**Supplied entries**
━━━━━━━━━━━━━━━━━━━━━━━━━━━━━━
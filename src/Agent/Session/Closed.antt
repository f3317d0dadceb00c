-- ===== src/Agent/Session/Closed.antt =====
-- chipchamp/agent/session.py: afterwards every call has an answer.
use chipchamp.Prelude.{
  ℕ, ◌≡◌, refl, sym, ap, ◌∙◌, Bool, true, false, not, ◌&&◌, List, [], ◌∷◌, choose, and_parts,
  Bool-cases, inl, inr, false_is_true,
}
use chipchamp.Text.{Text, text_eq}
use chipchamp.Agent.Transcript.{Message}
use chipchamp.Agent.Session.{has_calls, is_answered, answer, close_dangling_tool_calls}

-- Behind each turn with calls stands a tool's turn.
abbrev pub IsLegal : List Message → Type 0
IsLegal [] = Unit
IsLegal (m ∷ ms) = (has_calls m ≡ true → is_answered ms ≡ true) × IsLegal ms

-- The second transcript is the first with answers put in behind turns with calls that had none.
pub data Answers (note : Text) : List Message → List Message → Type 0 where
  none : Answers note [] []
  same : (m : Message) {ms ns : List Message} → Answers note ms ns → Answers note (m ∷ ms) (m ∷ ns)
  put :
      (m : Message) {ms ns : List Message}
      → has_calls m ≡ true
      → is_answered ms ≡ false
      → Answers note ms ns
      → Answers note (m ∷ ms) (m ∷ answer note m.tool_calls ∷ ns)

-- the first message stays the first
answered_still :
    (note : Text) (ms : List Message)
    → is_answered (close_dangling_tool_calls note ms).0 ≡ is_answered ms
unfolding close_dangling_tool_calls
answered_still note [] = refl
answered_still note (m ∷ ms) = elim (Bool-cases (has_calls m && not (is_answered ms))) [
  | inl e ↦ rw e
  | inr e ↦ rw e
]

-- the answers to a turn that has none
tool-IsLegal :
    (note : Text) (m : Message) (ns : List Message)
    → IsLegal ns
    → IsLegal (m ∷ answer note m.tool_calls ∷ ns)
unfolding text_eq
tool-IsLegal note m ns l = (λ h. refl, (λ h. cc, l))

was_answered : (a b : Bool) → a && not b ≡ false → a ≡ true → b ≡ true
was_answered true true e h = refl
was_answered true false e h = sym e
was_answered false b e h = cc

not_yet : (b : Bool) → not b ≡ true → b ≡ false
not_yet true e = sym e
not_yet false e = refl

-- Afterwards a tool's turn stands behind each turn with calls, and nothing else changed: the
-- transcript is the one before with one answer to all its calls put in behind each turn that had
-- calls and no tool's turn behind it.
pub close_dangling_tool_calls-IsLegal :
    (note : Text) (ms : List Message)
    → IsLegal (close_dangling_tool_calls note ms).0
      × Answers note ms (close_dangling_tool_calls note ms).0
unfolding close_dangling_tool_calls
close_dangling_tool_calls-IsLegal note [] = (tt, none)
close_dangling_tool_calls-IsLegal note (m ∷ ms) =
    let (l, r) = close_dangling_tool_calls-IsLegal note ms in
    choose {A = List Message × ℕ} (λ o. IsLegal o.0 × Answers note (m ∷ ms) o.0)
      (has_calls m && not (is_answered ms)) _ _
      (λ e. let (p, q) = and_parts _ _ e in (tool-IsLegal note m _ l, put m p (not_yet _ q) r))
      (λ e. ((λ h. answered_still note ms ∙ was_answered _ _ e h, l), same m r))

-- a second time nothing is put in
pub close_dangling_tool_calls_idem :
    (note : Text) (ms : List Message) → IsLegal ms → close_dangling_tool_calls note ms ≡ (ms, 0)
unfolding close_dangling_tool_calls
close_dangling_tool_calls_idem note [] l = refl
close_dangling_tool_calls_idem note (m ∷ ms) l =
    choose {A = List Message × ℕ} (λ o. o ≡ (m ∷ ms, 0)) (has_calls m && not (is_answered ms)) _ _
      (λ e.
        let (p, q) = and_parts (has_calls m) (not (is_answered ms)) e in
        absurd (false_is_true (sym (not_yet (is_answered ms) q) ∙ l.0 p)))
      (λ e. ap (λ o. (m ∷ o.0, o.1)) (close_dangling_tool_calls_idem note ms l.1))
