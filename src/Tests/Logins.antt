-- ===== src/Tests/Logins.antt =====
-- A login, and a connection opened with its token.
use go_im_system.Prelude.{
  ◌*◌, subst, subst, zero, suc, ℕ, ◌+◌, ◌≤◌, ◌<◌, ◌≡◌, refl, true, false, [], ◌∷◌, some, ℤ, pos,
  negsuc, list_eq, list_eq_iff, list_Eq, nat_eq, arith, ltb, if◌then◌else◌,
}
use mathlib.Core.Option.{some_inj}
use go_im_system.Text.{Text, codes}
use go_im_system.Logic.Users.{User, user_login, find_user_by_name, find_row, logged_in}
use go_im_system.Gateway.Pool.{Pool}
use go_im_system.Gateway.Client.{new_client}
use go_im_system.Gateway.Session
use go_im_system.Gateway.Session.{OpenFaults, unauthorized}
use go_im_system.Auth.{
  Jwt, Bcrypt, CustomClaims, Parsed, verified, malformed, accounts_at, generate_token, open_session,
  lifetime, second, md5, hex,
}
use go_im_system.Auth.Expiry.{expiry, login-open}

-- Tokens that are not encrypted, and hashes with a salt before the password.
abbrev write_claims : ℤ → ℕ → ℕ → Text → Text
write_claims (pos n) e i t = 0 ∷ (n ∷ (e ∷ (i ∷ t)))
write_claims (negsuc n) e i t = 1 ∷ (n ∷ (e ∷ (i ∷ t)))

abbrev claims : ℤ → ℕ → ℕ → Text → CustomClaims
claims id e i t = record { user_id = id; expires_at = e; issued_at = i; issuer = t }

abbrev read_claims : ℕ → Text → Parsed
read_claims now (zero ∷ (n ∷ (e ∷ (i ∷ t)))) = verified now (claims (pos n) e i t)
read_claims now (suc k ∷ (n ∷ (e ∷ (i ∷ t)))) = verified now (claims (negsuc n) e i t)
read_claims now _ = malformed

read-written :
    (id : ℤ) (e i : ℕ) (t : Text) (now : ℕ)
    → read_claims now (write_claims id e i t) ≡ verified now (claims id e i t)
read-written (pos n) e i t now = refl
read-written (negsuc n) e i t now = refl

abbrev plain_jwt : Jwt
plain_jwt = record {
  sign = λ c k. some (write_claims c.user_id c.expires_at c.issued_at c.issuer);
  parse = λ token k now. read_claims now token;
  parse-sign = λ c k token now made.
      subst (λ t. read_claims now t ≡ verified now c) (some_inj.0 made)
        (read-written c.user_id c.expires_at c.issued_at c.issuer now);
}

some_salted : (p h : Text) → some (b'#' ∷ p) ≡ some h → list_eq h (b'#' ∷ p) ≡ true
some_salted p h e = ground (arith, e, list_eq_iff h (b'#' ∷ p))

abbrev salt : Bcrypt
salt = record {
  generate_from_password = λ p. some (b'#' ∷ p);
  compare = λ h p. list_eq h (b'#' ∷ p);
  compare-generate = some_salted;
}

same_refl : (t : Text) → list_eq t t ≡ true
same_refl t = (list_eq_iff t t).1 refl

abbrev ann : User
ann = record {
  user_id = pos 1;
  username = codes "ann";
  password = codes "#pw";
  nickname = codes "Ann";
  avatar = [];
}

abbrev ann_rest : Text
ann_rest = 1 ∷ (604850 ∷ (50 ∷ codes "go-im-gateway"))

ann_logged_in :
    user_login
      (accounts_at plain_jwt salt list_eq same_refl (50 * second))
      false
      (codes "ann")
      (codes "pw")
      (ann ∷ [])
    ≡ logged_in (pos 1) (0 ∷ ann_rest)
unfolding user_login find_user_by_name find_row generate_token
ann_logged_in = refl

abbrev works : OpenFaults
works = record { sync_fails = false; read_fails = false; redis_fails = false; take_closed = false }

abbrev nobody : Pool
nobody = record { clients = []; object = λ h. new_client (pos 0); next = 0; routes = [] }

login-open_example :
    (open_session plain_jwt works (codes "gw:8080") 90 (90 * second) (0 ∷ ann_rest) nobody [] ≡ (
      if ltb (90 * second) (expiry (50 * second))
      then Session.handler works (codes "gw:8080") 90 (some (pos 1)) nobody []
      else unauthorized))
    × (expiry (50 * second) ≤ 50 * second + lifetime)
    × (50 * second + lifetime < expiry (50 * second) + second)
login-open_example =
    login-open plain_jwt salt list_eq same_refl false (50 * second) (90 * second) 90 0 (pos 1)
      (codes "ann") (codes "pw") ann_rest (codes "gw:8080") (ann ∷ []) works nobody [] ann_logged_in

hexed : md5 (λ t. 0xd4 ∷ (0x1d ∷ [])) (codes "") ≡ codes "d41d"
unfolding md5 hex
hexed = refl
━━━━━━━━━━━━━━━━━━━━━━━━━━━━━━
Only lines holding the word "Logins" are wanted here; copy each from the listing.

**Exercise output**
filename src/Tests/Logins.antt
-- ===== src/Tests/Logins.antt =====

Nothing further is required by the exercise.